TheRumpledOne wrote:
"I don't see how they're not being effective"
Maybe I can explain why with my thought process, as someone who still can't figure the wick zone out (since I believe the wick zone is about scalping, or at least that's what it seems like from what I've seen in the videos and/or comments).
This is a thought process of the U/J chart you showed in the video, or at least how I see it:
In my broker the previous daily bar has a body that's smaller than the spread so I'd avoid the inner break because of a conflicting bias.
Entry (Candle #2):
Let's say I risk 1% over the zone (10 pips) and I'm looking to trade the break outside the zone. I go long at candle 2. There's no way I would move my stop to breakeven with only a 0.5 pip profit because it's very likely that I will get stopped because of the range (that would be extremely tight for no good reason). The candle closes and I'm at -2 pips (0.5 pips - 1.5 spread). What now?

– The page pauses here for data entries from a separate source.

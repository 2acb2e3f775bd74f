-- ===== src/Memory/Touched.antt =====
-- The files that the statistics count.
use prolog_forge.Prelude.{
  ℕ, zero, suc, ◌+◌, min, List, [], ◌∷◌, Bool, false, ◌==◌, ◌≡◌, refl, sym, ap, ◌∙◌, inl, inr,
  Bool-cases, nat_eq, list_eq, Str, length, elem, set_insert, take, sort_by, insert_sorted, Map,
  map_get, map_insert, map_keys, get_or, ok, arith,
}
use prolog_forge.Commit.Journal.{CommitFile, CommitEntry}
use prolog_forge.Memory.{
  count_one, count_files, add_entry, add_entries, Totals, no_totals, busier, Decoder, Listing, list,
  MemoryStats, stats_of, stats,
}

-- The paths that the entries touch, each once.
unfoldable pub file_paths : List CommitFile → List Str → List Str
file_paths [] seen = seen
file_paths (f ∷ fs) seen = file_paths fs (set_insert f.path seen)

unfoldable pub touched_paths : List CommitEntry → List Str → List Str
touched_paths [] seen = seen
touched_paths (e ∷ es) seen = touched_paths es (file_paths e.files seen)

set_insert-cons :
    (k j : Str) (ks : List Str) → (j == k) ≡ false → set_insert k (j ∷ ks) ≡ j ∷ set_insert k ks
unfolding set_insert elem
set_insert-cons k j ks other = elim (Bool-cases (elem k ks)) [
  | inl there ↦ rw (other, there) refl
  | inr absent ↦ rw (other, absent) refl
]

map_keys-cons :
    (k : Str) (j : Str) (n w : ℕ) (m : Map Str ℕ)
    → (j == k) ≡ false
    → map_keys (map_insert k n ((j, w) ∷ m)) ≡ j ∷ map_keys (map_insert k n m)
unfolding map_keys map_insert
map_keys-cons k j n w m other = rw other refl

map_keys-map_insert :
    (k : Str) (n : ℕ) (m : Map Str ℕ) → map_keys (map_insert k n m) ≡ set_insert k (map_keys m)
unfolding map_keys map_insert set_insert elem
map_keys-map_insert k n [] = refl
map_keys-map_insert k n ((j, w) ∷ m) = elim (Bool-cases (j == k)) [
  | inl same ↦ rw (same, map_insert, set_insert) refl
  | inr other ↦
      map_keys-cons k j n w m other
      ∙ (ap (λ l. j ∷ l) (map_keys-map_insert k n m) ∙ sym (set_insert-cons k j (map_keys m) other))
]

count_files-keys :
    (fs : List CommitFile) (m : Map Str ℕ)
    → map_keys (count_files fs m) ≡ file_paths fs (map_keys m)
unfolding count_files file_paths count_one
count_files-keys [] m = refl
count_files-keys (f ∷ fs) m =
    count_files-keys fs (count_one f.path m)
    ∙ ap (file_paths fs) (map_keys-map_insert f.path (get_or (map_get f.path m) 0 + 1) m)

add_entries-keys :
    (es : List CommitEntry) (t : Totals)
    → map_keys (add_entries es t).per_file ≡ touched_paths es (map_keys t.per_file)
unfolding add_entries add_entry touched_paths
add_entries-keys [] t = refl
add_entries-keys (e ∷ es) t =
    add_entries-keys es (add_entry e t)
    ∙ ap (touched_paths es) (count_files-keys e.files t.per_file)

length-map_keys : (m : Map Str ℕ) → length (map_keys m) ≡ length m
unfolding map_keys
length-map_keys [] = refl
length-map_keys ((k, n) ∷ m) = omega (arith, length-map_keys m)

module _ (le : Str × ℕ → Str × ℕ → Bool) where
  length-insert_sorted :
      (x : Str × ℕ) (ys : List (Str × ℕ)) → length (insert_sorted le x ys) ≡ suc (length ys)
  unfolding insert_sorted
  length-insert_sorted x [] = refl
  length-insert_sorted x (y ∷ ys) = elim (Bool-cases (le x y)) [
    | inl lower ↦ rw (lower, insert_sorted) refl
    | inr higher ↦ rw (higher, insert_sorted) (omega (arith, length-insert_sorted x ys))
  ]

  length-sort_by : (xs : List (Str × ℕ)) → length (sort_by le xs) ≡ length xs
  unfolding sort_by
  length-sort_by [] = refl
  length-sort_by (x ∷ xs) = omega (arith, length-insert_sorted x (sort_by le xs), length-sort_by xs)

length-take-min : (n : ℕ) (xs : List (Str × ℕ)) → length (take n xs) ≡ min n (length xs)
length-take-min zero xs = omega arith
length-take-min (suc n) [] = omega arith
length-take-min (suc n) (x ∷ xs) = omega (arith, length-take-min n xs)

files_touched-touched_paths :
    (entries : List CommitEntry)
    → (stats_of entries).files_touched ≡ min 20 (length (touched_paths entries []))
unfolding stats_of map_keys
files_touched-touched_paths [] = unfold touched_paths in refl
files_touched-touched_paths (e ∷ es) =
    let t = add_entries (e ∷ es) no_totals in
    omega (
      arith,
      length-take-min 20 (sort_by busier t.per_file),
      length-sort_by busier t.per_file,
      length-map_keys t.per_file,
      ap length (add_entries-keys (e ∷ es) no_totals),
    )

-- When the journal can be listed, the statistics succeed, and they count as touched files no more than
-- the twenty that they list: the number of the different paths in the journal, cut at 20.
pub stats_touched :
    (decode : Decoder) (folder : Listing) (entries : List CommitEntry)
    → list decode folder ≡ ok entries
    → (s : MemoryStats) × (stats decode folder ≡ ok s)
      × (s.files_touched ≡ min 20 (length (touched_paths entries [])))
stats_touched decode folder entries listed =
    (stats_of entries, unfold stats in rw listed refl, files_touched-touched_paths entries)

I'll still trade long if I get another trigger because that's my bias. If I exit now there's a high chance that range will get me another entry within this candle (only 0.5 pips away) so exiting now seems like a bad deal because if that happens I'd be paying the spread again for no good reason. So I stay in the trade.
Candle #3:
So in the spirit of cutting losses short and protecting my money, where could I exit if it doesn't go my way? Looking left the only place that makes sense to maybe cut a trade earlier with a smaller loss would be candle #2's low (because price doesn't like staying in the wick zone and left it to the downside when I'm long). If that happens I'll exit with -6.5 pips (5 pips + 1.5 spread). Luckily that doesn't happen and I stay in the trade. The candle closes with +4.5 pips (6 pips - 1.5 spread). What do I do now, do I exit or stay? Price could keep going or reverse, there's no way of knowing. If I were to look left the next high is from 6 days ago, and I don't know if that means much, if anything.
I could:
A) Exit now. (+4.5 pips)
B) Stay for (maybe) more profit since the daily range isn't even at 50% of the average.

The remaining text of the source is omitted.